Among the records below, find the lines with the word "bind" and copy them.

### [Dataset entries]

□ □ □ □ □

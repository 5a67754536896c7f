-- ===== src/Acceptance/Contract.antt =====
-- ormas_subnet/public_acceptance.py: the subjects and the claim plan.
use Prim.Native.String.{◌++◌ as append}
use ormas_subnet.Common.{
  String, Bool, true, false, ◌||◌, not, List, [], ◌∷◌, Value, str, arr, items, Entries, Result, ok,
  err, value_error, guard, ◌>>=◌, ◌>>◌, pos, all, any, length, distinct, map, str_eq, hex_of_length,
  if◌then◌else◌,
}
use ormas_subnet.Acceptance.Policy.{
  contract_v1, contract_v2, contract_v3, is_str, is_int, field, require_exact_dict,
  require_nonblank, validate_acceptance_policy, is_operator_run,
}

abbrev pub contract_keys : List String
contract_keys = "schema_version" ∷ "policy" ∷ "miner" ∷ "validators" ∷ "claim_nonce" ∷ []

abbrev pub validator_keys : List String
validator_keys = "subject_id" ∷ "operator_id" ∷ "qualification_id" ∷ "credential_id" ∷ []

abbrev pub miner_keys : List String
miner_keys = "miner_id" ∷ validator_keys

-- `_ED25519_PUBLIC_KEY_RE.fullmatch` on what `_require_nonblank` has passed
unfoldable pub is_public_key : Value → Bool
is_public_key (str s) = hex_of_length 64 s
is_public_key _ = false

check_nonblank : List String → Entries → String → Result (Unit {0})
check_nonblank [] subject name = ok tt
check_nonblank (k ∷ ks) subject name =
    let rest = check_nonblank ks subject name in
    do require_nonblank (field k subject) (append name (append "." k)); rest

unfoldable pub validate_subject : Bool → Value → Result Entries
unfolding check_nonblank
validate_subject miner value = do
  let name = if miner then "miner" else "validator"
  subject ← require_exact_dict value (if miner then miner_keys else validator_keys) name
  check_nonblank validator_keys subject name
  if miner
      then require_nonblank (field "miner_id" subject) "miner.miner_id"
      else guard (is_public_key (field "credential_id" subject))
          (value_error "validator.credential_id must be a 64 lowercase hex Ed25519 public key")
  ok subject

-- `[_validate_subject(item, miner=False) for item in validators]`
unfoldable pub validate_validators : List Value → Result (List Entries)
validate_validators [] = ok []
validate_validators (item ∷ rest) = do
  checked ← validate_subject false item
  more ← validate_validators rest
  ok (checked ∷ more)

-- the text of a field that `_require_nonblank` has passed
abbrev pub text_of : String → Entries → String
text_of k es = elim (field k es) [ str s ↦ s | _ ↦ "" ]

abbrev pub texts : String → List Entries → List String
texts k es = map (text_of k) es

-- `any(item["operator_id"] != operator for item in checked)` and its opposite
abbrev pub all_from : String → List Entries → Bool
all_from operator checked = all (λ v. str_eq (text_of "operator_id" v) operator) checked

abbrev pub any_from : String → List Entries → Bool
any_from operator checked = any (λ v. str_eq (text_of "operator_id" v) operator) checked

-- what the contract validator checks across the subjects, in the source's order
unfoldable pub check_parties : Entries → Entries → List Entries → Result (Unit {0})
check_parties policy miner checked = do
  guard (not (is_operator_run policy) || all_from (text_of "validator_operator_id" policy) checked)
      (value_error "operator-run validator must belong to the frozen validator operator")
  guard (distinct (texts "subject_id" checked))
      (value_error "validator subject_ids must be distinct")
  guard (distinct (texts "credential_id" checked))
      (value_error "validator credential_ids must be distinct")
  guard (distinct (texts "operator_id" checked))
      (value_error "validator operator_ids must be distinct")
  guard (is_operator_run policy || not (any_from (text_of "operator_id" miner) checked))
      (value_error "validator operators must differ from the miner operator")

unfoldable pub list_of : Value → Result (List Value)
list_of (arr vs) = ok (items vs)
list_of _ = err (value_error "validators must be a list")

unfoldable pub validate_acceptance_contract : Value → Result Entries
validate_acceptance_contract value = do
  contract ← require_exact_dict value contract_keys "acceptance contract"
  guard
      (is_str (field "schema_version" contract) contract_v1
        || is_str (field "schema_version" contract) contract_v2
        || is_str (field "schema_version" contract) contract_v3)
      (value_error "acceptance contract schema_version mismatch")
  policy ← validate_acceptance_policy (field "policy" contract)
  guard (is_str (field "protocol" policy) (text_of "schema_version" contract))
      (value_error "acceptance contract and policy protocol mismatch")
  miner ← validate_subject true (field "miner" contract)
  validators ← list_of (field "validators" contract)
  guard (is_int (field "required_validators" policy) (pos (length validators)))
      (value_error "validators length must equal required_validators")
  checked ← validate_validators validators
  check_parties policy miner checked
  require_nonblank (field "claim_nonce" contract) "claim_nonce"
  ok contract
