-- ===== src/Acceptance/Laws.antt =====
-- Inversion of the successful runs of ormas_subnet/public_acceptance.py.
use ormas_subnet.Common.{
  ℕ, String, ◌≡◌, refl, Bool, true, false, List, [], ◌∷◌, Value, str, obj, int, arr, items, of_list,
  Items, nil, cons, Entries, ok, ◌>>=◌, ◌>>◌, pos, length, length-map, map, arith, same_set, keys,
  Ensures, Ensures-eq-ok, Ensures-bind, Ensures-then, guard_passed, ◌∙◌, ap, eq_iff,
}
use ormas_subnet.Acceptance.Policy.{
  is_str, is_int, field, require_exact_dict, validate_acceptance_policy,
}
use ormas_subnet.Acceptance.Contract.{
  validate_subject, validate_validators, check_parties, validate_acceptance_contract, list_of,
  miner_keys, validator_keys,
}

pub require_exact_dict-Ensures :
    (v : Value) (ks : List String) (name : String)
    → Ensures (λ es. (v ≡ obj es) × (same_set (keys es) ks ≡ true)) (require_exact_dict v ks name)
unfolding require_exact_dict ◌>>◌
require_exact_dict-Ensures (obj es) ks name = ground arith
require_exact_dict-Ensures _ ks name = tt

pub require_exact_dict-eq-ok :
    (v : Value) (ks : List String) (name : String) {es : Entries}
    → require_exact_dict v ks name ≡ ok es
    → v ≡ obj es
require_exact_dict-eq-ok v ks name h =
    (Ensures-eq-ok _ _ (require_exact_dict-Ensures v ks name) h).0

pub validate_subject-Ensures :
    (miner : Bool) (v : Value) → Ensures (λ es. v ≡ obj es) (validate_subject miner v)
unfolding validate_subject ◌>>=◌ ◌>>◌
validate_subject-Ensures true v = ground (arith, require_exact_dict-Ensures v miner_keys "miner")
validate_subject-Ensures false v =
    ground (arith, require_exact_dict-Ensures v validator_keys "validator")

pub validate_validators-Ensures :
    (vs : List Value) → Ensures (λ checked. vs ≡ map obj checked) (validate_validators vs)
unfolding validate_validators ◌>>=◌
validate_validators-Ensures [] = refl
validate_validators-Ensures (v ∷ vs) =
    ground (arith, validate_subject-Ensures false v, validate_validators-Ensures vs)

pub is_str-eq-true : (v : Value) (s : String) → is_str v s ≡ true → v ≡ str s
is_str-eq-true (str t) s h = ground (arith, eq_iff t s)
is_str-eq-true _ s h = cc

pub is_int-eq-true : (v : Value) (n : ℕ) → is_int v (pos n) ≡ true → v ≡ int (pos n)
is_int-eq-true (int (pos m)) n h = ground arith
is_int-eq-true _ n h = cc

of_list-items : (vs : Items) → of_list (items vs) ≡ vs
of_list-items nil = refl
of_list-items (cons v vs) = ap (cons v) (of_list-items vs)

pub list_of-eq-ok : (v : Value) {vs : List Value} → list_of v ≡ ok vs → v ≡ arr (of_list vs)
unfolding list_of
list_of-eq-ok (arr vs) h = ground (arith, of_list-items vs)
list_of-eq-ok _ h = cc

-- The parts of an accepted claim plan, with the checks that it passed.
pub record Parts (contract : Entries) : Type 0 where
  pub policy : Entries
  pub miner : Entries
  pub validators : List Entries
  pub policy_checked : validate_acceptance_policy (field "policy" contract) ≡ ok policy
  pub miner_checked : validate_subject true (field "miner" contract) ≡ ok miner
  pub validators_at : field "validators" contract ≡ arr (of_list (map obj validators))
  pub counted : field "required_validators" policy ≡ int (pos (length validators))
  pub parties : check_parties policy miner validators ≡ ok tt

pub contract-Parts :
    (value : Value)
    → Ensures
        (λ contract. (value ≡ obj contract) × Parts contract)
        (validate_acceptance_contract value)
unfolding validate_acceptance_contract
contract-Parts value = Ensures-bind _ _ _ λ contract exact. Ensures-then _ _ _ λ versioned.
    Ensures-bind _ _ _ λ policy policy_checked. Ensures-then _ _ _ λ agreed.
      Ensures-bind _ _ _ λ miner miner_checked. Ensures-bind _ _ _ λ listed is_list.
        Ensures-then _ _ _ λ counted. Ensures-bind _ _ _ λ checked all_checked.
          Ensures-then _ _ _ λ parties. Ensures-then _ _ _ λ nonce.
            let same =
              Ensures-eq-ok (λ cs. listed ≡ map obj cs) _ (validate_validators-Ensures listed)
                all_checked in
            (
              require_exact_dict-eq-ok value _ _ exact,
              record {
                policy = policy;
                miner = miner;
                validators = checked;
                policy_checked = policy_checked;
                miner_checked = miner_checked;
                validators_at = list_of-eq-ok _ is_list ∙ ap (λ vs. arr (of_list vs)) same;
                counted =
                    is_int-eq-true _ _ (guard_passed _ _ counted)
                    ∙ ap (λ vs. int (pos (length vs))) same
                    ∙ ap (λ n. int (pos n)) (length-map obj checked);
                parties = parties;
              },
            )
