-- ===== src/Acceptance/Counts.antt =====
-- How many validators an accepted policy asks for.
use ormas_subnet.Common.{
  ℕ, ◌<◌, guard, Exc, value_error, if◌then◌else◌, Bool-cases, inl, inr, String, ◌≡◌, refl, true,
  false, ◌&&◌, ◌||◌, not, Value, str, obj, int, Entries, ok, ◌>>◌, pos, arith, Ensures,
  Ensures-bind, Ensures-then,
}
use ormas_subnet.Acceptance.Policy.{
  contract_v1, contract_v2, contract_v3, is_str, is_int, field, validate_acceptance_policy,
  validate_flat_policy, validate_slotted_policy, is_operator_run, check_terms, require_positive_int,
  when, dict_says, policy_v2, policy_v3, require_nonblank,
}
use ormas_subnet.Acceptance.Laws.{is_str-eq-true, require_exact_dict-eq-ok}

-- The number of validators that a valid policy asks for.
pub record IsCounted (policy : Entries) : Type 0 where
  pub count : ℕ
  pub at : field "required_validators" policy ≡ int (pos count)
  pub positive : 0 < count
  pub single : is_operator_run policy ≡ true → count ≡ 1

require_positive_int-pos :
    (v : Value) (name : String)
    → require_positive_int v name ≡ ok tt
    → (n : ℕ) × (v ≡ int (pos n)) × (0 < n)
unfolding require_positive_int
require_positive_int-pos (int (pos n)) name h = (n, refl, ground arith)
require_positive_int-pos _ name h = cc

one_of_is_int : (v : Value) (n : ℕ) → v ≡ int (pos n) → is_int v (pos 1) ≡ true → n ≡ 1
one_of_is_int v n e h = ground arith

check_terms-protocol :
    (policy : Entries) (p : String) → check_terms policy p ≡ ok tt → field "protocol" policy ≡ str p
unfolding check_terms ◌>>◌
check_terms-protocol policy p h = is_str-eq-true _ p (ground arith)

mode_of_run :
    (policy : Entries)
    → field "protocol" policy ≡ str contract_v3
    → is_operator_run policy ≡ true
    → is_str (field "verification_mode" policy) "operator-run" ≡ true
unfolding is_operator_run
mode_of_run policy e h = ground arith

not_run_of_v1 :
    (policy : Entries) → field "protocol" policy ≡ str contract_v1 → is_operator_run policy ≡ false
unfolding is_operator_run
not_run_of_v1 policy e = ground arith

slotted_single :
    (value : Value) (policy : Entries)
    → value ≡ obj policy
    → is_str (field "verification_mode" policy) "operator-run" ≡ true
    → when (dict_says value "verification_mode" "operator-run") (
        guard
          (is_int (field "required_validators" policy) (pos 1))
          (value_error "operator-run requires one validator")
        >> require_nonblank (field "validator_operator_id" policy) "validator_operator_id")
      ≡ ok tt
    → is_int (field "required_validators" policy) (pos 1) ≡ true
unfolding ◌>>◌
slotted_single value policy e mode h = ground arith

slotted-IsCounted : (value : Value) → Ensures IsCounted (validate_slotted_policy value)
unfolding validate_slotted_policy
slotted-IsCounted value = Ensures-bind _ _ _ λ policy exact. Ensures-then _ _ _ λ moded.
    Ensures-then _ _ _ λ positive. Ensures-then _ _ _ λ operator. Ensures-then _ _ _ λ terms.
      let (n, at, above) = require_positive_int-pos _ _ positive in
      let same = require_exact_dict-eq-ok value _ _ exact in
      record {
        count = n;
        at = at;
        positive = above;
        single = λ run.
            let mode = mode_of_run policy (check_terms-protocol _ _ terms) run in
            one_of_is_int _ n at (slotted_single value policy same mode operator);
      }

flat_single :
    (value : Value) (policy : Entries) (e : Exc)
    → value ≡ obj policy
    → is_operator_run policy ≡ true
    → check_terms policy
        (if dict_says value "schema_version" policy_v2 then contract_v2 else contract_v1)
      ≡ ok tt
    → guard
        (not (dict_says value "schema_version" policy_v2)
          || (is_str (field "verification_mode" policy) "operator-run"
              && is_int (field "required_validators" policy) (pos 1)))
        e
      ≡ ok tt
    → is_int (field "required_validators" policy) (pos 1) ≡ true
flat_single value policy e same run terms single =
    elim (Bool-cases (dict_says value "schema_version" policy_v2)) [
      | inl v2 ↦ ground arith
      | inr v1 ↦ ground (arith, not_run_of_v1 policy, check_terms-protocol policy contract_v1)
    ]

flat-IsCounted : (value : Value) → Ensures IsCounted (validate_flat_policy value)
unfolding validate_flat_policy
flat-IsCounted value = Ensures-bind _ _ _ λ policy exact. Ensures-then _ _ _ λ versioned.
    Ensures-then _ _ _ λ positive. Ensures-then _ _ _ λ single. Ensures-then _ _ _ λ operator.
      Ensures-then _ _ _ λ terms. Ensures-then _ _ _ λ slots.
        let (n, at, above) = require_positive_int-pos _ _ positive in
        let same = require_exact_dict-eq-ok value _ _ exact in
        record {
          count = n;
          at = at;
          positive = above;
          single = λ run. one_of_is_int _ n at (flat_single value policy _ same run terms single);
        }

pub validate_acceptance_policy-IsCounted :
    (value : Value) → Ensures IsCounted (validate_acceptance_policy value)
unfolding validate_acceptance_policy
validate_acceptance_policy-IsCounted value =
    elim (dict_says value "schema_version" policy_v3)
      as (λ b.
        Ensures IsCounted
          (if b then validate_slotted_policy value else validate_flat_policy value)) [
            | true ↦ slotted-IsCounted value
            | false ↦ flat-IsCounted value
          ]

□ □ □ □ □

### [ANSWER TO THE PROBLEM]
  Ensures, Ensures-eq-ok, Ensures-bind, Ensures-then, guard_passed, ◌∙◌, ap, eq_iff,
contract-Parts value = Ensures-bind _ _ _ λ contract exact. Ensures-then _ _ _ λ versioned.
    Ensures-bind _ _ _ λ policy policy_checked. Ensures-then _ _ _ λ agreed.
      Ensures-bind _ _ _ λ miner miner_checked. Ensures-bind _ _ _ λ listed is_list.
        Ensures-then _ _ _ λ counted. Ensures-bind _ _ _ λ checked all_checked.
  Ensures-bind, Ensures-then,
slotted-IsCounted value = Ensures-bind _ _ _ λ policy exact. Ensures-then _ _ _ λ moded.
flat-IsCounted value = Ensures-bind _ _ _ λ policy exact. Ensures-then _ _ _ λ versioned.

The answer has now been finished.